We download the video to a local folder /dataset/video/. We can use wget in a terminal under linux or MacOS to download the video (just make sure you navigated to the directory where you want to download the video to).

Let us extract frames from the video using ffmpeg. We want to get 5 frames per second (fps). Create a new directory called /dataset/frames_ffmpeg/. Using ffmpeg we can extract the frames with the following command:

ffmpeg -i raw/video.mp4 -filter:v "fps=5" frames_ffmpeg/%d.png

Extracting the frames without introducing compression artifacts is using lots of storage. In this example, we have a small video of 6.4 MBytes. Once extracted, the .png frames together with the video consume 553.4 MBytes. This is a 70x increase!

Metric

ffmpeg extracted frames

Lightly using video

Reduction

Storage Consumption

447 MBytes + 6.4 MBytes

6.4 MBytes

70.84x

Note

Why not extract the frames as compressed .jpg images? Extracting the frames as .jpg would indeed reduce storage consumption. The video from our example would end up using (14 MBytes + 6.4 MBytes). However, for critical applications where robustness and accuracy of the model are key, we have to think about the final system in production. Is your production system working with the raw camera stream (uncompressed) or with compressed frames (e.g. .jpg)? Very often we don’t have time to compress a frame in real-time systems or don’t want to introduce compression artifacts. You should also think about whether you want to train a model on compressed data whereas in production is runs using raw data.
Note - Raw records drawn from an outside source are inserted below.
make_weekdays-column :
    (row : CalendarRow) (w : Weekday) → any (same_weekday w) (make_weekdays row) ≡ column row w
unfolding make_weekdays any
make_weekdays-column row mon = any-flagged (same_weekday mon) _ ∙ same_or_false row.monday
make_weekdays-column row tue = any-flagged (same_weekday tue) _ ∙ same_or_false row.tuesday
make_weekdays-column row wed = any-flagged (same_weekday wed) _ ∙ same_or_false row.wednesday
make_weekdays-column row thu = any-flagged (same_weekday thu) _ ∙ same_or_false row.thursday
make_weekdays-column row fri = any-flagged (same_weekday fri) _ ∙ same_or_false row.friday
make_weekdays-column row sat = any-flagged (same_weekday sat) _ ∙ same_or_false row.saturday
make_weekdays-column row sun = any-flagged (same_weekday sun) _ ∙ same_or_false row.sunday

abbrev pub is_one : ℤ → Bool
is_one (pos n) = Common.◌==◌ n 1
is_one (negsuc n) = false

with_exceptions-is_one :
    (weekday : ℕ → Weekday) (type : ℤ) (answer : Bool) {e : Exception}
    → exception_of type ≡ some e
    → with_exceptions weekday (exception_of type) answer ≡ is_one type
unfolding with_exceptions exception_of
with_exceptions-is_one weekday (pos n) answer h = ground (arith, h)
with_exceptions-is_one weekday (negsuc n) answer h = absurd (ground (arith, h))

-- Type 1 adds the service on the date.
abbrev pub adds : CalendarDateRow → Bool
adds row = is_one row.exception_type

module _ (weekday : ℕ → Weekday) where
  -- Whether the structure has the service running on the date.
  unfoldable pub is_running : Option CalendarUnified → ℕ → Bool
  is_running none d = false
  is_running (some service) d = datetime_in_service weekday service d

  is_running-parts :
      (s : Option CalendarUnified) (d : ℕ)
      → is_running s d
        ≡ with_exceptions weekday (exceptions_in s d) (in_general weekday (general_in s) d)
  unfolding is_running datetime_in_service with_exceptions in_general
  is_running-parts none d = refl
  is_running-parts (some service) d = refl

  -- A calendar row has the service running on the date.
  abbrev pub regular : CalendarRow → ℕ → Bool
  regular row d = column row (weekday d) && (leb row.gtfs_start_date d && leb d row.gtfs_end_date)

  -- What the tables say of a service on a date: the last exception row for both says it, and where
  -- there is none, the last calendar row of the service.
  abbrev pub by_rows : Option CalendarDateRow → Option CalendarRow → ℕ → Bool
  by_rows (some exception) calendar d = adds exception
  by_rows none (some calendar) d = regular calendar d
  by_rows none none d = false

  by_rows-found :
      (exception : Option CalendarDateRow) (calendar : Option CalendarRow) (d : ℕ)
      → ((row : CalendarDateRow)
          → exception ≡ some row
          → (e : Exception) × (exception_of row.exception_type ≡ some e))
      → with_exceptions weekday
          (exception >>= λ row. exception_of row.exception_type)
          (in_general weekday (calendar >>= λ row. some (general_of row)) d)
        ≡ by_rows exception calendar d
  unfolding with_exceptions in_general
  by_rows-found (some row) calendar d read =
      with_exceptions-is_one weekday row.exception_type _ (read row refl).1
  by_rows-found none (some row) d read = rw (make_weekdays-column row (weekday d)) refl
  by_rows-found none none d read = refl

  -- Where the rows are read without a panic, a service runs on a date as the last exception row for
  -- both says: it does if the row has type 1, and does not if it has type 2. Where there is none, it
  -- runs if the last calendar row of the service has the day of the week, and the date within its
  -- bounds.
  pub datetime_in_service_lem :
      (calendars : List CalendarRow) (calendar_dates : List CalendarDateRow) {m : Calendars}
      → make_calendar_structure_from_pg_single_chateau calendars calendar_dates ≡ some m
      → (id : String) (d : ℕ)
      → is_running (get m id) d
        ≡ by_rows
            (last_row (is_exception_for id d) calendar_dates none)
            (last_row (is_calendar_for id) calendars none)
            d
  unfolding make_calendar_structure_from_pg_single_chateau get
  datetime_in_service_lem calendars calendar_dates h id d =
      let (general, exceptions) =
        for_each-entry calendar_dates (insert_calendars calendars []) h id d in
      is_running-parts (get _ id) d
      ∙ ap₂ (λ e g. with_exceptions weekday e (in_general weekday g d))
          (exceptions
            ∙ (ap (last_exception calendar_dates id d)
                  (insert_calendars-exceptions calendars [] id d refl)
                ∙ last_exception-last_row calendar_dates id d none))
          (general
            ∙ (insert_calendars-general calendars [] id ∙ last_calendar-last_row calendars id none))
      ∙ by_rows-found (last_row (is_exception_for id d) calendar_dates none)
          (last_row (is_calendar_for id) calendars none) d
          (λ row last. elim (last_row-In (is_exception_for id d) calendar_dates none row last) [
            | inl q ↦ absurd (ground (arith, q))
            | inr k ↦ exceptions_read calendar_dates (insert_calendars calendars []) h row k
          ])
Now we want to do the same using Lightly Docker. Since the ffmpeg command extracted 99 frames let’s extract 99 frames as well:

docker run --gpus all --rm -it -v /dataset/video/:/home/input_dir:ro \
    -v \/datasets/videos/docker_out:/home/output_dir \
    -v /datasets/docker_shared_dir:/home/shared_dir -e --ipc="host" \
    --network="host" lightly/sampling:latest token=MYAWESOMETOKEN \
    lightly.collate.input_size=64 lightly.loader.batch_size=32 '
    lightly.loader.num_workers=8 lightly.trainer.max_epochs=10 \
    stopping_condition.n_samples=100 remove_exact_duplicates=True \
    enable_corruptness_check=False enable_training=False dump_dataset=True \
    method=coreset

To perform a random selection we can simply replace “coreset” with “random” as our selected method. Note that if you don’t specify any method coreset is used.

Let’s have a look at some statistics of the two obtained datasets:

Metric

original dataset

after ffmpeg

after random

after coreset

Number of Samples

475

99

99

99

L2 Distance (Mean)

1.2620

1.2793

1.2746

1.3711

L2 Distance (Min)

0.0000

0.0000

0.0586

0.2353

L2 Distance (Max)

1.9835

1.9693

1.9704

1.9470

L2 Distance (10th Percentile)

0.5851

0.5891

0.5994

0.8690

L2 Distance (90th Percentile)

1.8490

1.8526

1.8525

1.7822

We notice the following when looking at this table:

  • The min distance between two samples was 0 after ffmpeg selection whereas the min distance significantly increased using coreset sampling.

    • 0 distance means that there are at least two samples completely identical (e.g. two frames in the video are the same)

  • The mean distance between the original dataset, ffmpeg, as well as random selection, is very similar. The coreset selection however differs significantly with a higher mean (higher diversity) in the selected dataset.

  • The 10th percentile shows similar behavior to the mean distance.

As you see in this example just selecting every N-th frame is similar to selecting frames randomly. More sophisticated selection methods, such as coreset sampling which has been optimized for Lightly Docker, result in much higher sample diversity.

Note

Note that by default the embeddings of the dataset will be normalized to unit vector length. Max L2 distance between two vectors is therefore 2.0 (two vectors pointing in opposite directions).